March 1826
Yet those who condemn the ticket-of-leave man for what they see as his unwillingness to put the full weight of his shoulder to the colonial wheel need ask themselves: why should he?
A man who has served his sentence should be able to expect freedom, yet those with a ticket of leave cannot truly be called free. They are unable to travel where their fancy takes them. They are unable to apply such skills as they have in districts where these skills are needed, if such districts fall outside the boundaries to which they have been confined. They are, of course, unable to return home.
I have noted more than once that those who lament the attitudes of many with tickets of leave are loath to acknowledge any industry on their part, and would likely ignore the greatest displays of virtue, as long as they can persist in the damaging notion that criminals are created by nature, and cannot escape their destiny. When their self-appointed betters view them thus, it is remarkable they are willing to make even the smallest of contributions to colonial society.
Yet, ticket-of-leave men do make contributions, to their own credit and to the shame of their detractors.

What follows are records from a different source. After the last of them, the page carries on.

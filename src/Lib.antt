-- ===== src/Lib.antt =====
-- The factoring platform: a chaincode that stores and queries records on a Fabric ledger
-- (chaincode/), a REST server in front of it (apiserver/), and a listener for its events
-- (eventserver/).
--
-- Chaincode, over the shim of the peer. Chaincode.Define has the types of
-- chaincode/define/define.go. Chaincode.Shim has what the peer and encoding/json supply, as two
-- records of functions that every definition takes: Shim (ChaincodeStubInterface over an abstract
-- state, Stub) and Codec (Marshal and Unmarshal at the types that are passed to them).
-- Chaincode.Reply, Chaincode.Paging and its child Scan model chaincode/utils/utils.go:
-- InvokeResponse is invoke_response, QueryResponse is query_response, GetValueByDSL is
-- get_value_by_dsl, its loop scan, the loop's body step. Chaincode.Handler models
-- chaincode/handler/handler.go (save_data, dsl_query, keepalive_query), and Chaincode.Contract
-- chaincode/chaincode.go (init, invoke, func_handler). Chaincode.Memory is a stub in memory that
-- meets every law which is asked of the shim.
--
-- Apiserver.Define has the types of apiserver/define. Apiserver.Host has what the server takes
-- from outside for its messages: files and random numbers, the ciphers, base64 and encoding/json,
-- as three records of functions. Apiserver.Crypto models apiserver/utils/crypto.go (ReadFile is
-- read_file, GenerateKey generate_key, AesEncrypt aes_encrypt and so on), Apiserver.Message
-- apiserver/utils/message.go: FormatRequestMessage is format_request_message, made of make_message
-- and encode, and FormatResponseMessage is format_response_message with open_message as the body
-- of its loop. Its child modules have the laws that are asked of the ciphers and the files (Trust)
-- and what follows from them. Apiserver.Sdk.Peers models the part of apiserver/sdk/sdk.go that
-- chooses peers and orderers (SetSendPeerOrder, GetSendPeerName, getSendOrderName) and the calls
-- that use the choice (Invoke, PeerKeepalive); the package's variables are the record Sdk, and
-- gohfc and math/rand the record Network. Apiserver.Sdk.Keys models checkAndRemove, with the array
-- behind the slice, Apiserver.Sdk.Events GetChainCodeEvents over the protocol buffers (record
-- Protos), Apiserver.Sdk.Blocks GetBlockByTxids (get_block_by_txids, its loop walk, whose rounds
-- are the length of the slice at the start), and Apiserver.Sdk.BlockQuery BlockQuery and
-- BlockQueryEx, with analysisCCEvent and calHash,
-- where the factors that share an array of receivers are read in the memory of the end; Apiserver.Sdk.Documents models DSL over the clients of CouchDB (record Couch).
-- Code that may panic is in the monad Go of Base.Go, whose runs end with a value or a panic. A Go
-- map is an association list (Base.Dict), and a range over it goes in the order of that list,
-- where Go fixes no order.
--
-- Apiserver.Sdk.Query models Query (query) and Apiserver.Sdk.Peers InitSDK from the outcome of
-- gohfc's own. Apiserver.Handler models the package handler: a handler is a run that ends with the
-- calls of the response writer (Web.response is utils.Response), Save is SaveData, Search has
-- DslQuery (search), BlockQuery and BlockQueryEx (block_query_handler, block_query_ex_handler, both
-- search_blocks over the block query that they ask), Keepalive is KeepaliveQuery, Random
-- GetRandomString, and Routes the table of router.go with the handler of each route. Answers has
-- what the handlers answer; its child Stored follows factors from a server over the chaincode and
-- the database to the reader, as Eventserver.Filter.Delivered does over the chaincode's event.
-- Base.Total has what it takes for a run not to panic. Apiserver.Main models apiserver/main.go, where the rest of
-- ListenAndServe is a parameter.
--
-- Eventserver. Queue models messagequeue.go (InitMQ is init_mq, its loop connect_all; SendMessage
-- is send_message, its loop publish_first), Progress and Recover handleevent.go (SetBlockInfo is
-- set_block_info, GetBlockInfo get_block_info, CheckAndRecoverEvent, whose call in
-- main is commented out, check_and_recover, its loop
-- over the missed blocks recover), Filter FilterEvent of filterevent.go with the types of event.go,
-- Alias the rest of filterevent.go (GetUserAlias is get_user_alias, its endless loop
-- try_addresses), Listen listenevent.go, and Main eventserver/main.go. The event server uses the
-- server's FormatResponseMessage from a vendored copy of apiserver/utils that is the same code. An
-- endless loop is a function of what has come through its channel so far, or of the number of its
-- rounds so far.
--
-- Not modelled: the libraries under vendor, which are other projects' code, the scripts that build
-- images, the tests of apiserver/unit-test, which call a running server, logging, GetSDK and GetTxId,
-- each one line that hands out a variable or calls a library, and PathExists, IsFileExist and
-- GetPrivateKey, which nothing calls.
--
-- A Go string and a []byte are one type, String, read byte by byte; a Go error is its text, and
-- nil is none. An int that is only stored is an integer of Base.Int; a uint is a number below 2 ^
-- 64 with its wrap-around written out. Loops run over lists or over a number of rounds that is
-- fixed at their start, so no fuel is needed. Only recover_while of Eventserver.Recover.Missed, the
-- loop over the missed blocks as it is written, runs on fuel: its counter grows by one each round,
-- so more fuel than the height is enough. Logging is left out.
pub mod Base
pub mod Chaincode
pub mod Apiserver
pub mod Eventserver
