-- ===== src/Apiserver.antt =====
-- The REST server (apiserver/).
pub mod Define
pub mod Host
pub mod Crypto
pub mod Message
pub mod Sdk
pub mod Handler
pub mod Main
pub mod Sample
mod Tests
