-- ===== src/Base/Calls.antt =====
-- Calls that may fail, and calls that change a state.
use Prim.Native.String.{String}
use mathlib.Core.Path.{◌≡◌, refl}
use mathlib.Core.Logic.{◌⊎◌, inl, inr}

-- A Go `error` is kept as its text; `nil` is `none`.
abbrev pub Error : Type 0
Error = String

-- What a call returns that gives either a value or an error.
pub data Result {ℓ} (A : Type ℓ) : Type ℓ where
  ok : A → Result A
  err : Error → Result A

-- A call on a state `S`: its result and the state afterwards.
abbrev pub State : Type 0 → Type 0 → Type 0
State S A = S → A × S

infixl 5 ◌>>=◌ ◌>>◌
abbrev pub ◌>>=◌ : {S A B : Type 0} → State S A → (A → State S B) → State S B
◌>>=◌ m f s = let (a, s') = m s in f a s'

abbrev pub ◌>>◌ : {S A B : Type 0} → State S A → State S B → State S B
◌>>◌ m k s = let (a, s') = m s in k s'

abbrev pub pure : {S A : Type 0} → A → State S A
pure a s = (a, s)

-- A read leaves the state alone.
abbrev pub gets : {S A : Type 0} → (S → A) → State S A
gets f s = (f s, s)

pub Result-cases {ℓ} :
    {A : Type ℓ} (r : Result A) → ((a : A) × (r ≡ ok a)) ⊎ ((e : Error) × (r ≡ err e))
Result-cases (ok a) = inl (a, refl)
Result-cases (err e) = inr (e, refl)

One such man labours in Parramatta’s Government House, as clerk to the governor’s private secretary. By all accounts in possession of a fine intellect, Hugh Llewelyn Monsarrat once used his gifts to impersonate a barrister. For this, he was justly punished. Now, he bends his intelligence to the task of identifying the colony’s most nefarious murderers, ensuring they can no longer ply their gruesome trade.
Such a man is usually shunned in the church and the street by his so-called betters. In the case of Mr Monsarrat, some of those betters would not be alive without him.